*Supplied material*
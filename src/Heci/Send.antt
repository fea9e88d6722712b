-- ===== src/Heci/Send.antt =====
-- heci.c: `heci_send_impl`, which splits a message into packets that fit the host's circular
-- buffer. The message is a list of 32-bit words, NULL is `none`, and a read past the list is a
-- fault. Indices stay below 2 ^ 31, so their sums do not wrap.
pub mod Packets
pub mod Message
pub mod Progress
use trusty_platform_sand.Base.{
  ℕ, zero, suc, ◌+◌, ◌-◌, ◌*◌, ◌/◌, ◌%◌, ◌^◌, ℤ, is_negative, is_nonzero, Option, none, some, List,
  [], ◌∷◌, ltb, ◌==◌, if◌then◌else◌, get_elem?,
}
use trusty_platform_sand.Base.Io.{
  Device, Io, pure, no_fuel, out_of_bounds, read, write, ◌>>=◌, ◌>>◌,
}
use trusty_platform_sand.Heci.Regs.{
  address, h_csr, h_cb_ww, heci_event_timeout, HostCtrl, host_ctrl, host_ctrl_word, MsgHdr,
  msg_hdr_word,
}
use trusty_platform_sand.Heci.Wait.{heci_reg_read, wait_event, is_dev_ready, is_interrupt_raised}

-- heci_reg_write
abbrev pub heci_reg_write : ℕ → ℕ → ℕ → Io (Unit {0})
heci_reg_write base offset v = write 32 (address base offset) v

-- The writes of the words of a packet, from an index of the message on.
unfoldable pub send_words : ℕ → ℕ → ℕ → List ℕ → Io (Unit {0})
send_words base zero i msg = pure tt
send_words base (suc n) i msg = elim (get_elem? msg i) [
  | none ↦ out_of_bounds
  | some d ↦ heci_reg_write base h_cb_ww d >> send_words base n (i + 1) msg
]

-- The header of a packet of `size` words, when `left` words come after it.
unfoldable pub packet_header : ℕ → ℕ → ℕ → ℕ → ℕ → ℕ → MsgHdr
packet_header length host_address dev_addr size left written = record {
  sec_address = dev_addr;
  host_address = host_address;
  length =
      if ltb 0 left
      then size * 4 % 2 ^ 9
      else (length + 2 ^ 32 - written * 4 % 2 ^ 32) % 2 ^ 32 % 2 ^ 9;
  reserved = 0;
  message_complete = if ltb 0 left then 0 else 1;
}

-- `MaxBuffer`: the depth of the buffer less the word for the header, as a `uint32_t`.
abbrev pub max_buffer : ℕ → ℕ
max_buffer depth = (depth + 2 ^ 32 - 1) % 2 ^ 32

module _ (dev : Device) (hpet fuel base : ℕ) where
  -- Reads H_CSR, changes its bits and writes it.
  abbrev pub update_h_csr : (HostCtrl → HostCtrl) → Io (Unit {0})
  update_h_csr f = do
    w ← heci_reg_read dev base h_csr
    heci_reg_write base h_csr (host_ctrl_word (f (host_ctrl w)))

  abbrev pub mask_interrupt : HostCtrl → HostCtrl
  mask_interrupt r = record r { h_ie = 0; h_rdy = 1 }

  abbrev pub raise_interrupt : HostCtrl → HostCtrl
  raise_interrupt r = record r { h_ie = 0; h_is = 1; h_ig = 1; h_rdy = 1 }

  -- A packet: the mask, the header, the words and the interrupt.
  unfoldable pub send_packet : List ℕ → ℕ → ℕ → ℕ → ℕ → ℕ → ℕ → Io (Unit {0})
  unfolding send_words packet_header
  send_packet msg length host_address dev_addr size left written = do
    update_h_csr mask_interrupt
    heci_reg_write base h_cb_ww
        (msg_hdr_word (packet_header length host_address dev_addr size left written))
    send_words base size written msg
    update_h_csr raise_interrupt

  -- The wait between two packets: any result but 0 is taken for a timeout.
  unfoldable pub wait_raised : Io ℕ → Io ℕ
  wait_raised next = do
    raised ← wait_event dev hpet fuel heci_event_timeout (some (is_interrupt_raised dev base))
    if is_nonzero raised then pure 1 else next

  module _ (msg : List ℕ) (length host_address dev_addr buffer : ℕ) where
    -- `while (LeftSize > 0)`, with as many rounds as the first argument.
    unfoldable pub send_loop : ℕ → ℕ → ℕ → Io ℕ
    unfolding send_packet wait_raised
    send_loop zero left written = no_fuel
    send_loop (suc rounds) left written = if left == 0 then pure 0 else do
      ready ← wait_event dev hpet fuel heci_event_timeout (some (is_dev_ready dev base))
      if is_negative ready then pure 1 else do
        let size = if ltb buffer left then buffer else left
        send_packet msg length host_address dev_addr size (left - size) written
        let next : Io ℕ = send_loop rounds (left - size) (written + size)
        if ltb 0 (left - size) then wait_raised next else next

  unfoldable pub send_message : List ℕ → ℕ → ℕ → ℕ → Io ℕ
  send_message msg length host_address dev_addr = if length == 0 then pure 1 else do
    w ← heci_reg_read dev base h_csr
    let hcr = host_ctrl w
    heci_reg_write base h_csr (host_ctrl_word (record hcr { h_rdy = 1 }))
    let words = (length + 3) % 2 ^ 32 / 4
    send_loop msg length host_address dev_addr (max_buffer hcr.h_cbd) (suc words) words 0

  -- 0 on success and 1 on failure.
  unfoldable pub heci_send_impl : Option (List ℕ) → ℕ → ℕ → ℕ → Io ℕ
  unfolding send_message
  heci_send_impl none length host_address dev_addr = pure 1
  heci_send_impl (some msg) length host_address dev_addr =
      send_message msg length host_address dev_addr
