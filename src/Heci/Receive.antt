-- ===== src/Heci/Receive.antt =====
-- heci.c: `heci_receive_impl`, which stores the words of the packets that the device sends, and
-- `heci_get_base_addr`, `heci_send`, `heci_receive` and `HeciSendwACK` around the transport.
pub mod Bounds
pub mod Overflow
pub mod Packet
use Prim.Native.Nat.{bit_and, bit_or}
use trusty_platform_sand.Base.{
  ℕ, zero, suc, ◌+◌, ◌-◌, ◌*◌, ◌/◌, ◌%◌, ◌^◌, is_negative, Bool, true, false, ◌||◌, Option, none,
  some, List, ltb, leb, ◌==◌, if◌then◌else◌, length, set,
}
use trusty_platform_sand.Base.Io.{
  Trace, Device, Io, pure, no_fuel, out_of_bounds, read, write, ◌>>=◌, ◌>>◌,
}
use trusty_platform_sand.Heci.Regs.{
  address, sec_cb_rw, heci_mbar0, pci_command_offset, heci_event_timeout, msg_hdr,
}
use trusty_platform_sand.Heci.Wait.{heci_reg_read, wait_event, is_dev_data_ready}
use trusty_platform_sand.Heci.Send.{update_h_csr, mask_interrupt, raise_interrupt, heci_send_impl}

-- `Message[index] = value`, where the guard on the size lets it.
unfoldable pub store_word : ℕ → ℕ → ℕ → Option (List ℕ) → Io (Option (List ℕ))
store_word size index value none = pure none
store_word size index value (some msg) =
    if size == 0 || leb (index * 4) size
    then (if ltb index (length msg) then pure (some (set msg index value)) else out_of_bounds)
    else pure (some msg)

-- What a receiver leaves: its status, the message and the length.
pub record Received : Type 0 where
  pub status : ℕ
  pub message : Option (List ℕ)
  pub length : Option ℕ

-- `ReadSize`, which the code never changes.
abbrev pub read_size : ℕ
read_size = 0

-- `*Length` after a packet of `count` words with the length `bytes` in its header.
unfoldable pub packet_length : ℕ → ℕ → Option ℕ → Option ℕ
packet_length count bytes none = none
packet_length count bytes (some _) = some (if ltb bytes (count * 4) then bytes else count * 4)

module _ (dev : Device) (hpet fuel base : ℕ) where
  -- The words of a packet, `left` of them, from an index on; false is a timeout.
  unfoldable pub receive_words : ℕ → ℕ → ℕ → Option (List ℕ) → Io (Bool × Option (List ℕ))
  receive_words size zero index msg = pure (true, msg)
  receive_words size (suc left) index msg = do
    ready ← wait_event dev hpet fuel heci_event_timeout (some (is_dev_data_ready dev base))
    if is_negative ready then pure (false, msg) else do
      value ← heci_reg_read dev base sec_cb_rw
      msg' ← store_word size (index + read_size) value msg
      receive_words size left (index + 1) msg'

  -- The end of a packet: the interrupt to the device, and the end of the message.
  unfoldable pub finish_packet : ℕ → Option (List ℕ) → Option ℕ → Io Received → Io Received
  finish_packet message_complete msg len next = do
    update_h_csr dev hpet fuel base (raise_interrupt dev hpet fuel base)
    if message_complete == 1
        then pure (record { status = 0; message = msg; length = len })
        else next

  -- `while (1)`, with as many packets as the fuel.
  unfoldable pub receive_loop : ℕ → ℕ → Option (List ℕ) → Option ℕ → Io Received
  unfolding finish_packet
  receive_loop size zero msg len = no_fuel
  receive_loop size (suc packets) msg len = do
    update_h_csr dev hpet fuel base (mask_interrupt dev hpet fuel base)
    ready ← wait_event dev hpet fuel heci_event_timeout (some (is_dev_data_ready dev base))
    if is_negative ready then pure (record { status = 1; message = msg; length = len }) else do
      w ← heci_reg_read dev base sec_cb_rw
      let head = msg_hdr w
      let count = (head.length + 3) / 4
      words ← receive_words size count 0 msg
      let (whole, msg') = words
      let len' = packet_length count head.length len
      let next : Io Received = receive_loop size packets msg' len'
      if whole
          then finish_packet head.message_complete msg' len' next
          else pure (record { status = 1; message = msg'; length = len })

  -- `BufSize` is the length given, or 0.
  unfoldable pub heci_receive_impl : Option (List ℕ) → Option ℕ → Io Received
  heci_receive_impl msg none = receive_loop 0 fuel msg none
  heci_receive_impl msg (some len) = receive_loop len fuel msg (some len)

-- The parts of the system outside the library: the device, the address where a physical page is
-- mapped (or the failure), and the addresses that `cse_init` set up.
pub record Machine : Type 0 where
  pub dev : Device
  pub vmm_alloc_physical : Trace → ℕ → Option ℕ
  pub cse_mmio_base_va : ℕ
  pub hpet_mmio_base_va : ℕ

-- EFI_PCI_COMMAND_MEMORY_SPACE | EFI_PCI_COMMAND_BUS_MASTER
abbrev pub command_mask : ℕ
command_mask = 0x06

module _ (m : Machine) (fuel : ℕ) where
  abbrev pub heci_pci_read8 : ℕ → Io ℕ
  heci_pci_read8 reg = read m.dev 8 (address m.cse_mmio_base_va reg)

  abbrev pub heci_pci_read32 : ℕ → Io ℕ
  heci_pci_read32 reg = read m.dev 32 (address m.cse_mmio_base_va reg)

  abbrev pub heci_pci_write32 : ℕ → ℕ → Io (Unit {0})
  heci_pci_write32 reg val = write 32 (address m.cse_mmio_base_va reg) val

  -- `heci_pci_set16`
  unfoldable pub heci_pci_set16 : ℕ → ℕ → Io (Unit {0})
  heci_pci_set16 reg val = do
    v ← read m.dev 16 (address m.cse_mmio_base_va reg)
    write 16 (address m.cse_mmio_base_va reg) (bit_or v val)

  -- The answer 0 is the failure to map the registers.
  unfoldable pub heci_get_base_addr : Io ℕ
  unfolding heci_pci_set16
  heci_get_base_addr = do
    w ← heci_pci_read32 heci_mbar0
    let val = bit_and w 0xFFFFFFF0
    heci_pci_write32 heci_mbar0 0xFFFFFFFF
    heci_pci_read32 heci_mbar0 >>= λ _. pure tt
    heci_pci_write32 heci_mbar0 val
    b ← heci_pci_read32 heci_mbar0
    let heci_base = bit_and b 0xFFFFFFF0
    cmd ← heci_pci_read8 pci_command_offset
    (if bit_and cmd command_mask == command_mask
        then pure tt
        else heci_pci_set16 pci_command_offset (bit_or command_mask 0x100))
    λ t. elim (m.vmm_alloc_physical t heci_base) [ none ↦ pure 0 t | some va ↦ pure va t ]

  unfoldable pub heci_send : Option (List ℕ) → ℕ → ℕ → ℕ → Io ℕ
  heci_send msg length host_address dev_addr = do
    base ← heci_get_base_addr
    if base == 0
        then pure 1
        else heci_send_impl m.dev m.hpet_mmio_base_va fuel base msg length host_address dev_addr

  unfoldable pub heci_receive : Option (List ℕ) → Option ℕ → Io Received
  heci_receive msg len = do
    base ← heci_get_base_addr
    if base == 0
        then pure (record { status = 1; message = msg; length = len })
        else heci_receive_impl m.dev m.hpet_mmio_base_va fuel base msg len

  -- HeciSendwACK; a message that is not sent is left as it is.
  unfoldable pub heci_send_w_ack : Option (List ℕ) → ℕ → Option ℕ → ℕ → ℕ → Io Received
  heci_send_w_ack msg length rec_length host_address sec_address = do
    base ← heci_get_base_addr
    if base == 0 then pure (record { status = 1; message = msg; length = rec_length }) else do
      status ←
          heci_send_impl m.dev m.hpet_mmio_base_va fuel base msg length host_address sec_address
      if status == 0
          then heci_receive_impl m.dev m.hpet_mmio_base_va fuel base msg rec_length
          else pure (record { status = status; message = msg; length = rec_length })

*Brief*
Only an exact copy of the lines from the beginning of the listing through the line with "unfoldable pub send_words", both included, belongs in the answer.

*Solution to the exercise*
filename src/Heci/Send.antt
repository fea9e88d6722712b
-- ===== src/Heci/Send.antt =====
-- heci.c: `heci_send_impl`, which splits a message into packets that fit the host's circular
-- buffer. The message is a list of 32-bit words, NULL is `none`, and a read past the list is a
-- fault. Indices stay below 2 ^ 31, so their sums do not wrap.
pub mod Packets
pub mod Message
pub mod Progress
use trusty_platform_sand.Base.{
  ℕ, zero, suc, ◌+◌, ◌-◌, ◌*◌, ◌/◌, ◌%◌, ◌^◌, ℤ, is_negative, is_nonzero, Option, none, some, List,
  [], ◌∷◌, ltb, ◌==◌, if◌then◌else◌, get_elem?,
}
use trusty_platform_sand.Base.Io.{
  Device, Io, pure, no_fuel, out_of_bounds, read, write, ◌>>=◌, ◌>>◌,
}
use trusty_platform_sand.Heci.Regs.{
  address, h_csr, h_cb_ww, heci_event_timeout, HostCtrl, host_ctrl, host_ctrl_word, MsgHdr,
  msg_hdr_word,
}
use trusty_platform_sand.Heci.Wait.{heci_reg_read, wait_event, is_dev_ready, is_interrupt_raised}

-- heci_reg_write
abbrev pub heci_reg_write : ℕ → ℕ → ℕ → Io (Unit {0})
heci_reg_write base offset v = write 32 (address base offset) v

-- The writes of the words of a packet, from an index of the message on.
unfoldable pub send_words : ℕ → ℕ → ℕ → List ℕ → Io (Unit {0})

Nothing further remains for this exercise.